C'est à un spectacle éblouissant de kitchissime et une chorégraphie poussiéreuse mais jolie que nous avons pu assister. La sublime musique de Tchaikovski sauve pourtant ce spectacle d'un autre temps. Tutus et justes au corps moulants; sourires crispés accrochés aux visages des danseurs; pas chassés, pas croisés, pas chassés croisés, piétinements, pointes, petits sauts de cabris; Saltos, Saltos arrière, triple saltos, roulades avant, roulades arrière... Beaucoup de clinquant dans le décors et les costumes; beaucoup de beauté mais assez peu de sentiments et d'émotions
Nous avons donc assisté à la naissance de la Belle, aux fêtes données pour ses 18 ans. Nous nous sommes endormis avec la Belle mais, nous, sans la piqure de rose. Nous avons vu ce benet de prince Désiré (quel prétentieux celui-là) jouer à colin-maillard, chasser, danser, faire le joli coeur avec des damoiselles peu farouches. Nous avons frissonné à l'unisson avec le la Belle qui s'est trouvée réveillée par les lèvres charnues de Désiré. Une débauche de sentimentalité guimauve.

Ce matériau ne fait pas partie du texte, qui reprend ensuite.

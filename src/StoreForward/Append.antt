-- ===== src/StoreForward/Append.antt =====
-- Appending to the active segment of logger/firmware/src/StoreForwardQueue.cpp.
use mathlib.Core.List.{append_assoc, append-nil}
use devices.Prelude.{
  ℕ, ◌+◌, ◌≤◌, ◌<◌, ◌≡◌, ◌≢◌, refl, sym, ap, ◌∙◌, true, List, [], ◌∷◌, ◌++◌, arith, length,
  length-append,
}
use devices.Prelude.Words.{u32}
use devices.StoreForward.Fs.{Fs, FilePath, IsFs, segment_path}
use devices.StoreForward.Format.{at, put, other, header_of, encode_header, header_bytes}
use devices.StoreForward.Types.{Queue}
use devices.StoreForward.Reading.{
  IsPayload, encode_record, length-encode_header, length-encode_record,
}
use devices.StoreForward.Contents.{
  encode_records, EachPayload, Holds, IsQueue, records_bytes, Holds-cast, at-put_self, at-put-other,
}
use devices.StoreForward.Queue.{append_record}

encode_records-snoc :
    (ps : List (List ℕ)) (p : List ℕ)
    → encode_records (ps ++ (p ∷ [])) ≡ encode_records ps ++ encode_record p
encode_records-snoc [] p = append-nil (encode_record p)
encode_records-snoc (x ∷ ps) p =
    ap (λ l. encode_record x ++ l) (encode_records-snoc ps p)
    ∙ sym (append_assoc (encode_record x) (encode_records ps) (encode_record p))

EachPayload-snoc :
    (ps : List (List ℕ)) (p : List ℕ) → EachPayload ps → IsPayload p → EachPayload (ps ++ (p ∷ []))
EachPayload-snoc [] p v h = (h, tt)
EachPayload-snoc (x ∷ ps) p v h = (v.0, EachPayload-snoc ps p v.1 h)

-- A segment with one record more at its end.
Holds-snoc :
    {bytes : List ℕ} {head tail count : ℕ} {ps : List (List ℕ)} (p : List ℕ)
    → Holds bytes head tail count ps
    → IsPayload p
    → tail + (12 + length p) < 2147483648
    → Holds
        (bytes ++ encode_record p)
        head
        (u32 (tail + (header_bytes + length p)))
        (u32 (count + 1))
        (ps ++ (p ∷ []))
Holds-snoc {bytes} {ps = ps} p v h small = record {
  skipped = v.skipped;
  bytes_eq =
      ap (λ l. l ++ encode_record p) v.bytes_eq
      ∙ (append_assoc v.skipped (encode_records ps) (encode_record p)
          ∙ ap (λ l. v.skipped ++ l) (sym (encode_records-snoc ps p)));
  head_eq = v.head_eq;
  tail_eq = omega (arith, v.tail_eq, length-append bytes (encode_record p), length-encode_record p);
  count_eq = omega (
    arith,
    v.count_eq,
    v.tail_eq,
    ap length v.bytes_eq,
    length-append v.skipped (encode_records ps),
    records_bytes ps v.payloads,
    length-append ps (p ∷ []),
  );
  payloads = EachPayload-snoc ps p v.payloads h;
}

module _ {W R : Type 0} (fs : Fs W R) where
  pub append_record-queue :
      (p : List ℕ) (q : Queue) (w : W)
      → (append_record fs p q w).0 ≡ true
      → (append_record fs p q w).1 ≡ record q {
        tail =
            put q.tail q.metadata.active_segment
              (u32 (at q.tail q.metadata.active_segment + (header_bytes + length p)));
        count =
            put q.count q.metadata.active_segment (u32 (at q.count q.metadata.active_segment + 1));
        last_error = "";
      }
  unfolding append_record
  append_record-queue p q w h = ground arith

module _ {W R : Type 0} (fs : Fs W R) {whole rest : R → List ℕ} {content : FilePath → W → List ℕ}
    (is_fs : IsFs fs whole rest content) where
  append_record-content :
      (p : List ℕ) (q : Queue) (w : W)
      → let s = segment_path q.metadata.active_segment in
        (append_record fs p q w).0 ≡ true
        → content s (append_record fs p q w).2 ≡ content s w ++ encode_record p
  unfolding append_record
  append_record-content p q w h =
      let s = segment_path q.metadata.active_segment in
      let bytes = encode_header (header_of p) in
      let w₁ = (fs.open_append s w).1 in
      let w₂ = (fs.write s bytes w₁).1 in
      let w₃ = (fs.write s p w₂).1 in
      ground (
        arith,
        is_fs.open_append_keeps s s w,
        is_fs.write_appends s bytes w₁,
        is_fs.write_appends s p w₂,
        is_fs.flush_keeps s s w₃,
        is_fs.close_keeps s s (fs.flush s w₃),
        length-encode_header p,
        append_assoc (content s w) bytes p,
      )

  append_record-other :
      (p : List ℕ) (q : Queue) (w : W) (r : FilePath)
      → segment_path q.metadata.active_segment ≢ r
      → content r (append_record fs p q w).2 ≡ content r w
  unfolding append_record
  append_record-other p q w r ne =
      let s = segment_path q.metadata.active_segment in
      let bytes = encode_header (header_of p) in
      let w₁ = (fs.open_append s w).1 in
      let w₂ = (fs.write s bytes w₁).1 in
      let w₃ = (fs.write s p w₂).1 in
      ground (
        arith,
        is_fs.open_append_keeps s r w,
        is_fs.write_other s r bytes w₁ ne,
        is_fs.write_other s r p w₂ ne,
        is_fs.flush_keeps s r w₂,
        is_fs.close_keeps s r (fs.flush s w₂),
        is_fs.flush_keeps s r w₃,
        is_fs.close_keeps s r (fs.flush s w₃),
      )

  -- With room in the active segment, a successful append puts the payload behind all others.
  pub append_record-IsQueue :
      (p : List ℕ) (q : Queue) (w : W) (older newer : List (List ℕ))
      → IsQueue content q w older newer
      → IsPayload p
      → at q.tail q.metadata.active_segment + (12 + length p) ≤ q.segment_maximum_bytes
      → (append_record fs p q w).0 ≡ true
      → IsQueue content
          (append_record fs p q w).1
          (append_record fs p q w).2
          older
          (newer ++ (p ∷ []))
  append_record-IsQueue p q w older newer v h room done =
      let s = q.metadata.active_segment in
      let is_same = append_record-queue fs p q w done in
      rw is_same (record {
        older_held =
            Holds-cast (append_record-other p q w (segment_path (other s)) (λ e. ground arith)) refl
              (at-put-other q.tail s _) (at-put-other q.count s _) v.older_held;
        newer_held =
            Holds-cast (append_record-content p q w done) refl (at-put_self q.tail s _)
              (at-put_self q.count s _) (Holds-snoc p v.newer_held h (omega arith));
        is_ready = v.is_ready;
        bounded = v.bounded;
        older_fits = rw (at-put-other q.tail s) v.older_fits;
        newer_fits = rw (at-put_self q.tail s) (omega arith);
      })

Le deuxième entracte, bienvenu pour nous secouer de la torpeur dans laquelle nous nous étions installés depuis près de deux heures, a été fatal à ce spectacle.
"On nous a dit qu'il y avait des odeurs suspectes de fumée et qu'il fallait évacuer la salle".
A la fin de l'entracte, alors que nous devions assister au monumental mariage des deux tourtereaux, un buste de femme éclairée par un blafard projecteur, est apparu sur la scène, juste devant le rideau pour annoncer l'évacuation de la salle :
Mesdames, Messieurs, suite a des odeurs suspectes de fumées signalées au 6ème étage de l'Opéra Bastille, nous vous demandons de bien vouloir évacuer la salle par mesure de sécurité, le temps que les équipes compétentes puissent localiser l'origine de ce désagrément. Nous vous demandons de vous diriger calmement et sans précipitation vers les sorties. Je vous remercie de votre attention et nous vous demandons de bien vouloir nous excuser pour la gène occasionnée.
Après quelques murmures de surprise, les spectateurs ont vidé la salle sans débordement ni mouvements de panique, accompagnés par les stridentes intonations des sirènes d'alarme.
Ce qui était inquiétant, raconte une spectatrice, c'est que les buvettes étaient aussi fermées. On ne pouvait pas boire un verre de champagne en attendant la fin de l'alerte.
On nous a laissé sans informations pendant un bon quart d'heure, témoigne une autre personne.
Il est vrai que les informations données par les ouvreurs étaient totalement contradictoires.
Rentrez chez vous, c'est fini pour ce soir, claironnait un ouvreur quelque peu hystérique, alors que dans un même temps, une voix masculine nous informait que l'incendie sans importance avait été localisé au deuxième sous-sol de l'opéra. Les secours ont maitrisé rapidement le sinistre. Cette même voix annonçait que le spéctacle allait reprendre rapidement.
Cependant, dix minutes après cette annonce, Madame Brigitte Lefevre, directrice de la danse à l'Opéra de Paris annoncait désolée :
"Bonsoir, ici Brigitte Lefevre, directrice de la danse à l'Opéra de Paris. Je suis désolée de vous annoncer qu'il nous est malheureusement impossible de reprendre la représentation pour votre sécurité, celle de nos artistes et de nos techniciens. Vous ne verrez donc pas le mariage de la Belle au Bois Dormant. Je n'ose pas, dans ces conditions, vous souhaiter une bonne fin de soirée, mais j'espère qu'elle le sera tout de même".
Cette interruption brutale de ce programme a provoqué des scènes de tristesse incroyable comme cette jeune fille, effondrée, en pleurs, qui avait fait le déplacement de sa province lointaine pour la plus belle pièce chorégraphique, selon elle.
D'autres spectateurs, plus stoïques, se demandaient si ils allaient manger chinois ou japonais. D'autres encore, plus pingres, se demandaient si ils allaient être dédommagés.
D'autres, enfin, se sont dit que cette alerte avait mis fin à leur calvaire.
Cette soirée chaotique n'aura laissé personne indifférent.